Treating vascular risk factors and maintaining vascular health are considered by some experts to be the keys to successful cognitive aging.[27] Table 1. lists preventive strategies that may improve vascular and cognitive health. Because so many of the protective factors for cardiovascular health and brain health are shared, what's good for the heart is probably also good for the brain.

Table 1. Strategies to Improve Vascular and Cognitive Health[27,28]

Preventive Strategy Possible Pathogenic Mechanisms/Positive Effects
Antihypertensive agents Hypertension may promote arteriosclerosis and occlude small vessels in the brain, causing chronic hypoperfusion of white matter and/or stroke. Hypertension may cause degenerative changes of intracerebral small vessels and compromise the blood-brain barrier.
Cholesterol-lowering agents Uncertain, although suppressing APOE secretion by statins could reduce the formation of cerebrovascular plaques and eventual neuronal death.
Antioxidants Reduction of free radicals may decrease oxidative injury to brain cells.
Vitamins (B12, folate) Low levels of vitamin B12 and folate are associated with cognitive symptoms.
Cholinesterase inhibitors Improved brain perfusion may preserve or slow the decline of regional reductions in brain blood flow.
Glycemic control Diabetes mellitus may lead to cognitive decline through ischemic cerebrovascular disease. Hyperglycemia may have direct toxic effect on neurons.
Antiplatelet treatment Uncertain, but may improve cerebral perfusion. Primary prevention of stroke may have a role in preventing vascular dementia.
Hormonal therapy Results are mixed. Hormone supplementation may protect against AD. Some evidence suggests that selective estrogen-receptor modulators may decrease the risk for mild cognitive impairment.
Smoking cessation Tobacco causes atherosclerosis, increasing the risk for silent brain infarctions. Increased oxidative stress may be toxic to neurons.
Diet Lower total fat, saturated fat, and cholesterol intake, and greater fish consumption (polyunsaturated fatty acids) may reduce the risk for cognitive decline.
Reducing stress Glucocorticoids can promote loss of hippocampal neurons. Increased oxidative stress and injury to the brain may occur as a result of increased production of oxidants and decreased production of antioxidant enzymes.
Exercise Regular exercise is associated with a reduced risk for cognitive impairment.
Social life An active social life involving networking, physical leisure, and other social activities, such as games, may reduce cognitive decline possibly because of a vascular effect or as a result of stress reduction.

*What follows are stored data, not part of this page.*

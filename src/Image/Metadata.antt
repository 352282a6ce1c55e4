-- ===== src/Image/Metadata.antt =====
-- pkg/image/image_metadata.go and the options of pkg/image/image.go: what is known of an image. `sha256` gives
-- the digest with its prefix; `new_tag` is `name.NewTag`, followed by the text of the tag.
use stereoscope.Errors.{Result, ok, err, ◌>>=◌, unknown_name}
use stereoscope.Go.Maps.{elem}
use stereoscope.Go.Strings.{contains, split}
use stereoscope.Image.Platform.{is_known_arch, is_known_os, new_platform}
use stereoscope.Prelude.{
  ℕ, List, [], ◌∷◌, ◌++◌, Option, none, some, not, Str, codes, str_eq, byte_string_eq,
  if◌then◌else◌,
}

-- `Metadata`; of its configuration, the digests of the layers. A tag is its text.
pub record ImageMetadata : Type 0 where
  pub id : Str
  pub size : ℕ
  pub diff_ids : List Str
  pub media_type : Str
  pub tags : List Str
  pub raw_manifest : Str
  pub manifest_digest : Str
  pub raw_config : Str
  pub repo_digests : List Str
  pub architecture : Str
  pub variant : Str
  pub os : Str

-- A `v1.Image` of go-containerregistry, without its layers.
pub record SourceMetadata : Type 0 where
  pub config_name : Result Str
  pub config_file : Result (List Str)
  pub media_type : Result Str
  pub raw_config_file : Result Str

-- `readImageMetadata`
unfoldable pub read_image_metadata : SourceMetadata → Result ImageMetadata
read_image_metadata img = do
  id ← img.config_name
  diff_ids ← img.config_file
  media_type ← img.media_type
  raw_config ← img.raw_config_file
  ok (record {
    id = id;
    size = 0;
    diff_ids = diff_ids;
    media_type = media_type;
    tags = [];
    raw_manifest = [];
    manifest_digest = [];
    raw_config = raw_config;
    repo_digests = [];
    architecture = [];
    variant = [];
    os = [];
  })

-- `AdditionalMetadata`: a change of the metadata, which is kept only if it does not fail.
abbrev pub AdditionalMetadata : Type 0
AdditionalMetadata = ImageMetadata → Result ImageMetadata

-- The first part of a text.
unfoldable pub head_or_empty : List Str → Str
head_or_empty [] = []
head_or_empty (x ∷ xs) = x

module _ (new_tag : Str → Result Str) where
  -- A text that names a tag, without its digest.
  unfoldable pub tag_of : Str → Option Str
  unfolding head_or_empty split contains
  tag_of t =
      let with_no_digest = head_or_empty (split t b'@') in
      if not (contains with_no_digest (codes ":"))
      then none
      else elim (new_tag with_no_digest) [ err e ↦ none | ok tag ↦ some tag ]

  -- The loop of `WithTags`; the tags that were there before the loop are passed over.
  unfoldable pub add_tags : List Str → List Str → List Str → List Str
  add_tags existing [] tags = tags
  add_tags existing (t ∷ ts) tags = elim (tag_of t) [
    | none ↦ add_tags existing ts tags
    | some tag ↦ add_tags existing ts (if elem tag existing then tags else tags ++ tag ∷ [])
  ]

  -- `WithTags`
  unfoldable pub with_tags : List Str → AdditionalMetadata
  unfolding add_tags
  with_tags given m = ok (record m { tags = add_tags m.tags given m.tags })

module _ (sha256 : Str → Str) where
  -- `WithManifest`
  unfoldable pub with_manifest : Str → AdditionalMetadata
  with_manifest manifest m =
      ok (record m { raw_manifest = manifest; manifest_digest = sha256 manifest })

  -- `WithConfig`
  unfoldable pub with_config : Str → AdditionalMetadata
  with_config config m = ok (record m { raw_config = config; id = sha256 config })

-- `WithManifestDigest`
unfoldable pub with_manifest_digest : Str → AdditionalMetadata
with_manifest_digest digest m = ok (record m { manifest_digest = digest })

-- `WithRepoDigests`
unfoldable pub with_repo_digests : List Str → AdditionalMetadata
with_repo_digests digests m = ok (record m { repo_digests = m.repo_digests ++ digests })

-- `WithPlatform`
unfoldable pub with_platform : Str → Str → AdditionalMetadata
unfolding new_platform
with_platform goos platform m = new_platform goos platform >>= λ p.
    ok (record m { architecture = p.architecture; variant = p.variant; os = p.os })

-- `WithArchitecture`
unfoldable pub with_architecture : Str → Str → AdditionalMetadata
unfolding is_known_arch
with_architecture architecture variant m =
    if str_eq architecture []
    then ok m
    else if not (is_known_arch architecture)
    then err (unknown_name architecture)
    else ok (record m { architecture = architecture; variant = variant })

-- `WithOS`
unfoldable pub with_os : Str → AdditionalMetadata
unfolding is_known_os
with_os o m =
    if str_eq o []
    then ok m
    else if not (is_known_os o)
    then err (unknown_name o)
    else ok (record m { os = o })

-- `applyOverrideMetadata`; the changes before one that fails are kept.
unfoldable pub apply_override_metadata :
    List AdditionalMetadata → ImageMetadata → Result (Unit {0}) × ImageMetadata
apply_override_metadata [] m = (ok tt, m)
apply_override_metadata (option ∷ options) m = elim (option m) [
  | err e ↦ (err e, m)
  | ok m' ↦ apply_override_metadata options m'
]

AD = Alzheimer's disease; APOE = apolipoprotein E

An important protective factor for cognitive health is cognitive reserve.[29] Cognitive reserve refers to the hypothetical ability of the brain to compensate for age-associated degeneration, taking advantage of the brain's neuroplasticity by creating new neural pathways. Cognitive reserve may offer some resistance to the onset of clinical symptoms, allowing some individuals to cope with progressing AD pathology more effectively than others.[29] The degree of cognitive reserve in an individual may depend on factors such as innate intelligence, occupation, educational level, literacy, and a high level of participation in social and physical activities,[15,19] some of which may be proxies for innate or learned flexibility in responding to change.[10] In support of the cognitive reserve theory, research in animals and humans suggests that exposure to an enriched environment (physical activity, learning, social interaction) can influence the rate of neurogenesis in aging.[30]

Far fewer studies have explored variables that might encourage emotional health.[19] A comprehensive list of studies that investigated the variables that might predict cognitive and emotional health or decline can be found in the report of the Cognitive and Emotional Health Project.[31]